CUDA / GPU programming:
Now that we have learned some “real” programming languages, we can start using some hardware accelerated stuff, and understand the power of parallelism.
The Cuda library is ( sadly) the only player in town when it comes to ML GPU programming. Nvidia is leaps and bounds ahead of the competition, libraries like OpenCL are not well supported (yet ) by high-level frameworks like TF or Pytorch.
- Start with this guide.
- At this time of writing in early 2022, You can either sell a kidney if you still have two and buy a GPU or use Google Collab free GPU for testing Cuda code, it’s your choice.
Distributed programming
For learning data-parallel and model parallel computing in machine learning, you’ll have to have some key concepts in Parallel and distributed computing, the main trade-offs, performance choices, and the key concepts and issues when designing a data-intensive scalable machine learning solution.
- Scaling Up Machine Learning Parallel and Distributed Approaches is “THE” book to read.
- Check out libraries like MPI and books on MPI and OpenMP like this one.
- Checkout machine learning specific libraries like Dask and Ray
I think I’ll stop here, they are probably tens of thousands of resources out there. I really tried to focus on those that I liked, the ones that will give you the most bang for your buck in terms of fundamental understanding of each field, breadth, and depth of knowledge, and link to the data science field.

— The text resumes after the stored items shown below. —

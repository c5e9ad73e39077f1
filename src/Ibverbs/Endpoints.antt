-- ===== src/Ibverbs/Endpoints.antt =====
-- The endpoints that cache_server/src/ibverbs_transport.cpp reads from the environment.
pub mod Listed
use lethe.Base.{ℕ, Option, none, some, List, [], ◌∷◌}
use lethe.Base.Assoc.{remove}
use lethe.Base.Text.{cut_first, cut_last, pieces}
use lethe.Base.Numbers.{parse_port}
use lethe.Types.{Bytes, bytes_dec}

pub record Endpoint : Type 0 where
  pub ip : Bytes
  pub port : ℕ

abbrev pub comma : ℕ
comma = 44

abbrev pub at_sign : ℕ
at_sign = 64

abbrev pub colon : ℕ
colon = 58

-- How an item of the list ends: it is skipped, it raises an exception, or it names an endpoint.
pub data Item : Type 0 where
  skipped raised : Item
  named : Bytes → Endpoint → Item

abbrev pub item_of : Bytes → Bytes → Option ℕ → Item
item_of id ip none = raised
item_of id ip (some port) = named id (record { ip = ip; port = port })

-- An item `id@ip:port`: the first `@`, and the last colon, which stands behind it.
unfoldable pub parse_item : Bytes → Item
unfolding cut_first cut_last parse_port
parse_item tok = elim (cut_first at_sign tok) [
  | none ↦ skipped
  | some (id, rest) ↦ elim (cut_last colon rest) [
    | none ↦ skipped
    | some (ip, port) ↦ item_of id ip (parse_port port)
  ]
]

-- `out[id] = {ip, port}`.
abbrev pub assign : Bytes → Endpoint → List (Bytes × Endpoint) → List (Bytes × Endpoint)
assign id e out = (id, e) ∷ remove bytes_dec id out

unfoldable pub parse_items : List Bytes → List (Bytes × Endpoint) → Option (List (Bytes × Endpoint))
unfolding parse_item
parse_items [] out = some out
parse_items (tok ∷ toks) out = elim (parse_item tok) [
  | skipped ↦ parse_items toks out
  | raised ↦ none
  | named id e ↦ parse_items toks (assign id e out)
]

-- `ParsePeerEnv`, of the variable's value if it is set; `none` is an exception, which no one on
-- the way to `main` catches.
unfoldable pub parse_peer_env : Option Bytes → Option (List (Bytes × Endpoint))
unfolding parse_items pieces
parse_peer_env none = some []
parse_peer_env (some raw) = parse_items (pieces comma raw) []

-- The address to listen on, from LETHE_RDMA_LISTEN: none without a colon.
unfoldable pub parse_listen : Option Bytes → Option (Option Endpoint)
unfolding cut_last parse_port
parse_listen none = some none
parse_listen (some raw) = elim (cut_last colon raw) [
  | none ↦ some none
  | some (ip, port) ↦ elim (parse_port port) [
    | none ↦ none
    | some n ↦ some (some (record { ip = ip; port = n }))
  ]
]
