-- ===== src/Ibverbs/Connections.antt =====
-- The connections of cache_server/src/ibverbs_transport.cpp: the lazy dial of a peer, the accepted
-- queue pairs, and their teardown. What each call of rdma_cm and ibverbs answers is part of the
-- event that makes the call. A teardown is the list of the calls that it makes.
pub mod Legal
pub mod Sound
pub mod Dials
pub mod Runs
pub mod Ends
use mathlib.Core.List.{lookup}
use lethe.Base.Assoc.{remove}
use lethe.Base.{
  ℕ, zero, suc, Bool, true, false, Option, none, some, List, [], ◌∷◌, ◌++◌, map, if◌then◌else◌,
  ◌&&◌, not, get_or, set,
}
use lethe.Types.{Bytes, bytes_dec}
use lethe.Ibverbs.Endpoints.{Endpoint}

-- A `Conn` with its rdma_cm_id and its verbs objects, and the event channel that `Dial` made for
-- it. A buffer is there with or without its memory region.
pub record Link : Type 0 where
  pub inbound : Bool
  pub cm_id : Bool
  pub channel : Bool
  pub pd : Bool
  pub cq : Bool
  pub qp : Bool
  pub recv_bufs : List Bool
  pub send_bufs : List Bool
  pub polling : Bool
  pub stop : Bool

-- A connection before `MakeQp`: its rdma_cm_id is that of the request, or `Dial` made it with a
-- channel of its own.
abbrev pub new_link : Bool → Link
new_link inbound = record {
  inbound = inbound;
  cm_id = true;
  channel = not inbound;
  pd = false;
  cq = false;
  qp = false;
  recv_bufs = [];
  send_bufs = [];
  polling = false;
  stop = false;
}

-- Whether the three calls of `MakeQp` work.
pub record QpCalls : Type 0 where
  pub alloc_pd : Bool
  pub create_cq : Bool
  pub create_qp : Bool

unfoldable pub make_qp : QpCalls → Link → Link × Bool
make_qp calls c =
    if not calls.alloc_pd
    then (c, false)
    else if not calls.create_cq
    then (record c { pd = true }, false)
    else if not calls.create_qp
    then (record c { pd = true; cq = true }, false)
    else (record c { pd = true; cq = true; qp = true }, true)

-- What the calls of `Dial` answer, in their order; an event that is awaited is there or not.
pub record DialCalls : Type 0 where
  pub create_channel : Bool
  pub create_id : Bool
  pub resolve_addr : Bool
  pub addr_resolved : Bool
  pub resolve_route : Bool
  pub route_resolved : Bool
  pub qp_calls : QpCalls
  pub registered : List Bool
  pub connect : Bool
  pub established : Bool

-- `Dial` gives no connection, and what was made of one is left; or it destroys a `Conn`
-- whose poller runs, which ends the process; or it gives the connection.
pub data Dialed : Type 0 where
  refused : Link → Dialed
  terminated : Dialed
  connected : Link → Dialed

-- The calls before `MakeQp`.
unfoldable pub resolved : DialCalls → Bool
resolved d =
    d.create_channel && d.create_id && d.resolve_addr && d.addr_resolved && d.resolve_route
    && d.route_resolved

-- What `Dial` leaves where it has no channel or no rdma_cm_id: it destroys a channel without one.
abbrev pub no_link : Link
no_link = record (new_link false) { cm_id = false; channel = false }

-- What `SetupOutbound` makes of a link: the send buffers and the poller.
abbrev pub with_send_buffers : List Bool → Link → Link
with_send_buffers registered c = record c { send_bufs = registered; polling = true }

unfoldable pub dial : DialCalls → Dialed
unfolding make_qp resolved
dial d =
    let made = make_qp d.qp_calls (new_link false) in
    if not (resolved d)
    then refused (if d.create_channel && d.create_id then new_link false else no_link)
    else if not made.1
    then refused made.0
    else if d.connect && d.established
    then connected (with_send_buffers d.registered made.0)
    else terminated

-- The calls that release what a connection has.
pub data Call : Type 0 where
  join_poller destroy_qp destroy_cq dealloc_pd destroy_id destroy_channel : Call
  dereg_recv dereg_send : ℕ → Call

abbrev pub call_if : Bool → Call → List Call → List Call
call_if true call calls = call ∷ calls
call_if false call calls = calls

-- `if (b.mr) ibv_dereg_mr(b.mr)` for each buffer from the i-th on.
unfoldable pub dereg_bufs : (ℕ → Call) → ℕ → List Bool → List Call
dereg_bufs dereg i [] = []
dereg_bufs dereg i (mr ∷ mrs) = call_if mr (dereg i) (dereg_bufs dereg (suc i) mrs)

-- The lambda `teardown` of `Shutdown`.
unfoldable pub teardown : Link → List Call
unfolding dereg_bufs
teardown c =
    call_if c.polling join_poller []
    ++ (call_if c.qp destroy_qp []
        ++ (dereg_bufs dereg_recv 0 c.recv_bufs
            ++ (dereg_bufs dereg_send 0 c.send_bufs
                ++ (call_if c.cq destroy_cq [] ++ call_if c.pd dealloc_pd []))))

-- The calls of `Disconnect`.
unfoldable pub hang_up : Link → List Call
unfolding dereg_bufs
hang_up c =
    call_if c.polling join_poller []
    ++ (call_if c.qp destroy_qp []
        ++ (dereg_bufs dereg_send 0 c.send_bufs
            ++ (call_if c.cq destroy_cq [] ++ call_if c.pd dealloc_pd [])))

-- A connection that was taken down, with the calls that did it.
pub record Release : Type 0 where
  pub link : Link
  pub calls : List Call

-- The connections of the `Impl`. `dialing` is the peer for which a thread holds `dial_mu`; the last
-- two fields record what became of the other connections.
pub record Transport : Type 0 where
  pub peers : List (Bytes × Endpoint)
  pub outbound : List (Bytes × Link)
  pub inbound : List Link
  pub dialing : Option Bytes
  pub stopped : Bool
  pub taken_down : List Release
  pub left_over : List Link

-- A thread comes to the `Dial` of `EnsureOutbound`, or leaves it; a peer asks for a connection or
-- ends one; the transport's own calls.
pub data Event : Type 0 where
  send_begins : Bytes → Event
  dial_ends : DialCalls → Event
  connect_request : QpCalls → List Bool → Event
  peer_disconnected : ℕ → Event
  disconnect : Bytes → Event
  shutdown : Event

abbrev pub new_transport : List (Bytes × Endpoint) → Transport
new_transport peers = record {
  peers = peers;
  outbound = [];
  inbound = [];
  dialing = none;
  stopped = false;
  taken_down = [];
  left_over = [];
}

-- `EnsureOutbound` up to `Dial`, which it comes to if no other thread dials, there is no connection
-- to the peer, and the endpoint is known.
abbrev pub dial_for : Option Bytes → Option Link → Option Endpoint → Bytes → Transport → Transport
dial_for none none (some endpoint) peer t = record t { dialing = some peer }
dial_for none none none peer t = t
dial_for none (some c) endpoint peer t = t
dial_for (some other) c endpoint peer t = t

unfoldable pub begin_dial : Bytes → Transport → Transport
begin_dial peer t =
    dial_for t.dialing (lookup bytes_dec peer t.outbound) (lookup bytes_dec peer t.peers) peer t

-- The rest of `EnsureOutbound`. `emplace` keeps an entry that is there, and the new connection is
-- then destroyed with its poller.
unfoldable pub end_dial : Dialed → Bytes → Transport → Option Transport
end_dial (refused c) peer t = some (record t { dialing = none; left_over = c ∷ t.left_over })
end_dial terminated peer t = none
end_dial (connected c) peer t = elim (lookup bytes_dec peer t.outbound) [
  | some other ↦ none
  | none ↦ some (record t { dialing = none; outbound = (peer, c) ∷ t.outbound })
]

abbrev pub all_true : List Bool → Bool
all_true [] = true
all_true (b ∷ bs) = b && all_true bs

-- A connection request in `ListenLoop`. `PostRecv` reads through the memory region of the buffer,
-- which is a null pointer if its registration failed.
unfoldable pub accept : QpCalls → List Bool → Transport → Option Transport
unfolding make_qp
accept calls registered t =
    let made = make_qp calls (new_link true) in
    if not made.1
    then some (record t { left_over = made.0 ∷ t.left_over })
    else if not (all_true registered)
    then none
    else some (record t {
      inbound = t.inbound ++ (record made.0 { recv_bufs = registered; polling = true } ∷ []);
    })

unfoldable pub stop_at : ℕ → List Link → List Link
stop_at n [] = []
stop_at zero (c ∷ cs) = record c { stop = true } ∷ cs
stop_at (suc n) (c ∷ cs) = c ∷ stop_at n cs

unfoldable pub disconnect_peer : Bytes → Transport → Transport
unfolding hang_up
disconnect_peer peer t = elim (lookup bytes_dec peer t.outbound) [
  | none ↦ t
  | some c ↦ record t {
    outbound = remove bytes_dec peer t.outbound;
    taken_down = record { link = c; calls = hang_up c } ∷ t.taken_down;
  }
]

unfoldable pub torn : Link → Release
unfolding teardown
torn c = record { link = c; calls = teardown c }

abbrev pub links : List (Bytes × Link) → List Link
links [] = []
links ((peer, c) ∷ cs) = c ∷ links cs

unfoldable pub shut_down : Transport → Transport
unfolding torn
shut_down t = if t.stopped then t else record t {
  stopped = true;
  outbound = [];
  inbound = [];
  taken_down = (map torn (links t.outbound) ++ map torn t.inbound) ++ t.taken_down;
}

-- The end of a dial, if there is one.
unfoldable pub dial_done : Option Bytes → Dialed → Transport → Option Transport
unfolding end_dial
dial_done none r t = some t
dial_done (some peer) r t = end_dial r peer t

-- One event; `none` is the end of the process. The thread of `ListenLoop` ends at the shutdown.
unfoldable pub step : Event → Transport → Option Transport
unfolding begin_dial dial_done dial accept stop_at disconnect_peer shut_down
step (send_begins peer) t = some (begin_dial peer t)
step (dial_ends calls) t = dial_done t.dialing (dial calls) t
step (connect_request calls registered) t = if t.stopped then some t else accept calls registered t
step (peer_disconnected n) t =
    some (if t.stopped then t else record t { inbound = stop_at n t.inbound })
step (disconnect peer) t = some (disconnect_peer peer t)
step shutdown t = some (shut_down t)

unfoldable pub run : List Event → Transport → Option Transport
unfolding step
run [] t = some t
run (e ∷ es) t = elim (step e t) [ none ↦ none | some t' ↦ run es t' ]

I’ll try to keep this post updated with the most recent resources I might stumble upon or resources some of you share with me. This is the last article of this series, I really hope that my humble effort in trying to depict my own data science journey from telling my story to gathering the resources I read and watched during the last 3 years in a condensed format could be a beacon of inspiration for those who gave their precious time to read these words. Thank you!